Despite investing in a variety of solutions, the hospital struggled to gain deep visibility into the devices on its network and understand potential risks. They needed an all-encompassing view to quickly identify unmanaged devices and deploy policy without a substantial hardware refresh.

Solution

To address these challenges, Bupa Cromwell Hospital partnered with Elisity and Medigate to develop an advanced security solution for their infrastructure management. Elisity provided identity-based microsegmentation for the existing access layer switching infrastructure, requiring no additional hardware or network downtime. The Identity Graph by Elisity created context for effective security policy management by understanding users, devices, apps, and their relationships on the network.

Medigate, on the other hand, offered award-winning device discovery and risk assessment capabilities. By integrating these two platforms, the team identified policy gaps and developed microsegmentation and least privilege access policies mapped to device classes and user groups. This integration streamlined device identification, asset management, and ongoing policy maintenance while reducing the risk of security breaches for medical and IoT devices.

Outcomes

The Elisity and Medigate joint solution significantly benefited Bupa Cromwell Hospital. It delivered real-time visibility into medical devices, assessed vulnerabilities, and provided policy recommendations for efficient enforcement by Elisity. This streamlined policy management ensured a reliable approach to infrastructure management and protected patient information.

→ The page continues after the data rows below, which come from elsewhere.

-- ===== src/Tendermint/Messages.antt =====
-- tendermint/tests/util/messages.go: the messages of Tendermint as the test cases see them. The types of
-- the protocol and their codecs are Tendermint's: `I` is the encoded block identifier and `B` the
-- decoded one, `M` a point in time. `none` is a panic, where a result is not itself an option.
pub mod Typed
use tendermint_testing.Base.{
  ℕ, suc, ◌-◌, String, Bool, true, false, not, ◌&&◌, ◌||◌, List, [], Option, none, some, ltb,
  if◌then◌else◌, ◌==◌, string_eq,
}
use tendermint_testing.Base.Fallible.{◌>>=◌}
use tendermint_testing.Base.Int.{ℤ, pos, negsuc}
use tendermint_testing.Types.Messages as Messages
use tendermint_testing.Types.Messages.{Message}
use tendermint_testing.Types.Event.{Event}
use tendermint_testing.Testlib.Context.{Context, get_message}

abbrev pub MessageType : Type 0
MessageType = String

abbrev pub new_round_step_type : MessageType
new_round_step_type = "NewRoundStep"

abbrev pub new_valid_block_type : MessageType
new_valid_block_type = "NewValidBlock"

abbrev pub proposal_type : MessageType
proposal_type = "Proposal"

abbrev pub proposal_pol_type : MessageType
proposal_pol_type = "ProposalPol"

abbrev pub block_part_type : MessageType
block_part_type = "BlockPart"

abbrev pub vote_type : MessageType
vote_type = "Vote"

abbrev pub prevote_type : MessageType
prevote_type = "Prevote"

abbrev pub precommit_type : MessageType
precommit_type = "Precommit"

abbrev pub has_vote_type : MessageType
has_vote_type = "HasVote"

abbrev pub vote_set_maj23_type : MessageType
vote_set_maj23_type = "VoteSetMaj23"

abbrev pub vote_set_bits_type : MessageType
vote_set_bits_type = "VoteSetBits"

abbrev pub none_type : MessageType
none_type = "None"

-- The type of a signed message.
pub data SignedType : Type 0 where
  prevote precommit other_signed : SignedType

pub record Vote (I M : Type 0) : Type 0 where
  pub type : SignedType
  pub height : ℤ
  pub round : ℤ
  pub block_id : I
  pub timestamp : M
  pub validator_address : String  -- bytes
  pub validator_index : ℤ
  pub signature : List ℕ

pub record Proposal (I M : Type 0) : Type 0 where
  pub height : ℤ
  pub round : ℤ
  pub pol_round : ℤ
  pub block_id : I
  pub timestamp : M
  pub signature : List ℕ

-- The Sum of a message: `vote none` is a vote without its inner vote, and `no_sum` any other. A decoder
-- makes no vote that is nil itself, for which Parse has a case.
pub data Sum (I M : Type 0) : Type 0 where
  new_round_step new_valid_block block_part vote_set_maj23 vote_set_bits : ℤ → ℤ → Sum I M
  proposal : Proposal I M → Sum I M
  proposal_pol : ℤ → Sum I M
  vote : Option (Vote I M) → Sum I M
  has_vote no_sum : Sum I M

pub record TMessage (I M : Type 0) : Type 0 where
  pub channel_id : ℕ  -- uint16
  pub msg_bytes : List ℕ
  pub from : String
  pub to : String
  pub type : MessageType
  pub content : Option (Sum I M)

abbrev pub type_of_signed : SignedType → MessageType
type_of_signed prevote = prevote_type
type_of_signed precommit = precommit_type
type_of_signed other_signed = vote_type

-- chid < 0x20 || chid > 0x23
abbrev pub is_foreign : ℕ → Bool
is_foreign chid = ltb chid 32 || ltb 35 chid

abbrev pub as_string : {B : Type 0} → (B → String) → Option B → Option String
as_string hash_string none = none
as_string hash_string (some b) = some (hash_string b)

module _ {I M : Type 0} where
  unfoldable pub clone : TMessage I M → TMessage I M
  clone t = record {
    channel_id = t.channel_id;
    msg_bytes = t.msg_bytes;
    from = t.from;
    to = t.to;
    type = t.type;
    content = t.content;
  }

  -- Data.GetVote().Vote, and the other getters with a read of the result.
  abbrev pub inner_vote : Option (Sum I M) → Option (Vote I M)
  inner_vote (some (vote v)) = v
  inner_vote _ = none

  abbrev pub inner_proposal : Option (Sum I M) → Option (Proposal I M)
  inner_proposal (some (proposal p)) = some p
  inner_proposal _ = none

  abbrev pub step_of : Option (Sum I M) → Option (ℤ × ℤ)
  step_of (some (new_round_step h r)) = some (h, r)
  step_of _ = none

  abbrev pub block_of : Option (Sum I M) → Option (ℤ × ℤ)
  block_of (some (new_valid_block h r)) = some (h, r)
  block_of _ = none

  abbrev pub part_of : Option (Sum I M) → Option (ℤ × ℤ)
  part_of (some (block_part h r)) = some (h, r)
  part_of _ = none

  abbrev pub maj23_of : Option (Sum I M) → Option (ℤ × ℤ)
  maj23_of (some (vote_set_maj23 h r)) = some (h, r)
  maj23_of _ = none

  abbrev pub bits_of : Option (Sum I M) → Option (ℤ × ℤ)
  bits_of (some (vote_set_bits h r)) = some (h, r)
  bits_of _ = none

  abbrev pub pol_of : Option (Sum I M) → Option (ℤ × ℤ)
  pol_of (some (proposal_pol h)) = some (h, negsuc 0)
  pol_of _ = none

  abbrev pub vote_of : Option (Sum I M) → Option (ℤ × ℤ)
  vote_of d = do v ← inner_vote d; some (v.height, v.round)

  abbrev pub proposal_of : Option (Sum I M) → Option (ℤ × ℤ)
  proposal_of d = do p ← inner_proposal d; some (p.height, p.round)

  unfoldable pub height_round : TMessage I M → Option (ℤ × ℤ)
  height_round t =
      if t.type == new_round_step_type
      then step_of t.content
      else if t.type == proposal_type
      then proposal_of t.content
      else if t.type == prevote_type
      then vote_of t.content
      else if t.type == precommit_type
      then vote_of t.content
      else if t.type == vote_type
      then vote_of t.content
      else if t.type == new_valid_block_type
      then block_of t.content
      else if t.type == proposal_pol_type
      then pol_of t.content
      else if t.type == vote_set_maj23_type
      then maj23_of t.content
      else if t.type == vote_set_bits_type
      then bits_of t.content
      else if t.type == block_part_type
      then part_of t.content
      else some (negsuc 0, negsuc 0)

  unfoldable pub height : TMessage I M → Option ℤ
  unfolding height_round
  height t = do hr ← height_round t; some hr.0

  unfoldable pub round : TMessage I M → Option ℤ
  unfolding height_round
  round t = do hr ← height_round t; some hr.1

  -- The switch of Parse: v.Vote.Type is read without a test of v.Vote.
  abbrev pub type_of_sum : Sum I M → Option MessageType
  type_of_sum (new_round_step h r) = some new_round_step_type
  type_of_sum (new_valid_block h r) = some new_valid_block_type
  type_of_sum (proposal p) = some proposal_type
  type_of_sum (proposal_pol h) = some proposal_pol_type
  type_of_sum (block_part h r) = some block_part_type
  type_of_sum (vote none) = none
  type_of_sum (vote (some v)) = some (type_of_signed v.type)
  type_of_sum has_vote = some has_vote_type
  type_of_sum (vote_set_maj23 h r) = some vote_set_maj23_type
  type_of_sum (vote_set_bits h r) = some vote_set_bits_type
  type_of_sum no_sum = some none_type

  abbrev pub typed_as : TMessage I M → MessageType → Option (Sum I M) → TMessage I M
  typed_as t type d = record t { type = type; content = d }

  abbrev pub parse_sum : TMessage I M → Option (Sum I M) → Option (TMessage I M)
  parse_sum t none = some (typed_as t none_type none)
  parse_sum t (some s) = do type ← type_of_sum s; some (typed_as t type (some s))

  abbrev pub parse_decoded : (List ℕ → Option (Sum I M)) → TMessage I M → Option (TMessage I M)
  parse_decoded unmarshal t =
      if is_foreign t.channel_id
      then some (typed_as t none_type t.content)
      else parse_sum t (unmarshal t.msg_bytes)

  abbrev pub parse_json :
      (List ℕ → Option (Sum I M)) → Option (TMessage I M) → Option (Option (TMessage I M))
  parse_json unmarshal none = some none
  parse_json unmarshal (some t) = do t' ← parse_decoded unmarshal t; some (some t')

  -- `decode` is encoding/json's, into a new message: it leaves the type and the data as they were made.
  -- `unmarshal` is the protocol's. An inner `none` is the error of the first.
  unfoldable pub parse :
      (List ℕ → Option (TMessage I M))
      → (List ℕ → Option (Sum I M))
      → List ℕ
      → Option (Option (TMessage I M))
  parse decode unmarshal bytes = parse_json unmarshal (decode bytes)

  abbrev pub parsed_of : Option (Message (TMessage I M)) → Option (TMessage I M)
  parsed_of none = none
  parsed_of (some m) = m.parsed

  unfoldable pub get_message_from_event : Event → Context (TMessage I M) → Option (TMessage I M)
  get_message_from_event e c = parsed_of (get_message c e)

  abbrev pub is_vote : TMessage I M → Bool
  is_vote t = t.type == prevote_type || t.type == precommit_type

  -- These have a panic around what they find. GetValidatorAddress reads a missing inner vote as one
  -- without an address; a message without a vote panics.
  abbrev pub validator_of : Option (Sum I M) → Option (Option String)
  validator_of (some (vote none)) = some (some "")
  validator_of (some (vote (some v))) = some (some v.validator_address)
  validator_of _ = none

  unfoldable pub get_vote_validator : TMessage I M → Option (Option String)
  get_vote_validator t = if is_vote t then validator_of t.content else some none

  unfoldable pub get_vote_time : TMessage I M → Option (Option M)
  get_vote_time t =
      if is_vote t then (do v ← inner_vote t.content; some (some v.timestamp)) else some none

  module _ {B : Type 0} (block_id_from_proto : I → Option B) where
    unfoldable pub get_vote_block_id : TMessage I M → Option (Option B)
    get_vote_block_id t =
        if is_vote t
        then (do v ← inner_vote t.content; some (block_id_from_proto v.block_id))
        else some none

    unfoldable pub get_proposal_block_id : TMessage I M → Option (Option B)
    get_proposal_block_id t =
        if t.type == proposal_type
        then (do p ← inner_proposal t.content; some (block_id_from_proto p.block_id))
        else some none

    unfoldable pub get_vote_block_id_s : (B → String) → TMessage I M → Option (Option String)
    unfolding get_vote_block_id
    get_vote_block_id_s hash_string t = do b ← get_vote_block_id t; some (as_string hash_string b)

    unfoldable pub get_proposal_block_id_s : (B → String) → TMessage I M → Option (Option String)
    unfolding get_proposal_block_id
    get_proposal_block_id_s hash_string t = do
      b ← get_proposal_block_id t
      some (as_string hash_string b)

Cromwell Hospital CISO Alma Kucera reported that the implementation allowed them to manage traffic going into their medical devices and introduced layers of mitigation in defense and depth around the key risks identified.

According to Paul Haywood, Bupa's CISO, "In my 30 years of working in technology and security, I’ve never delivered a product into an environment and got instant benefit like we did with Elisity and Medigate."

This case study is an excellent example of how combining identity-based microsegmentation with device discovery and risk assessment capabilities can significantly improve healthcare organizations' cybersecurity posture, even in complex environments with a variety of connected and unmanaged devices.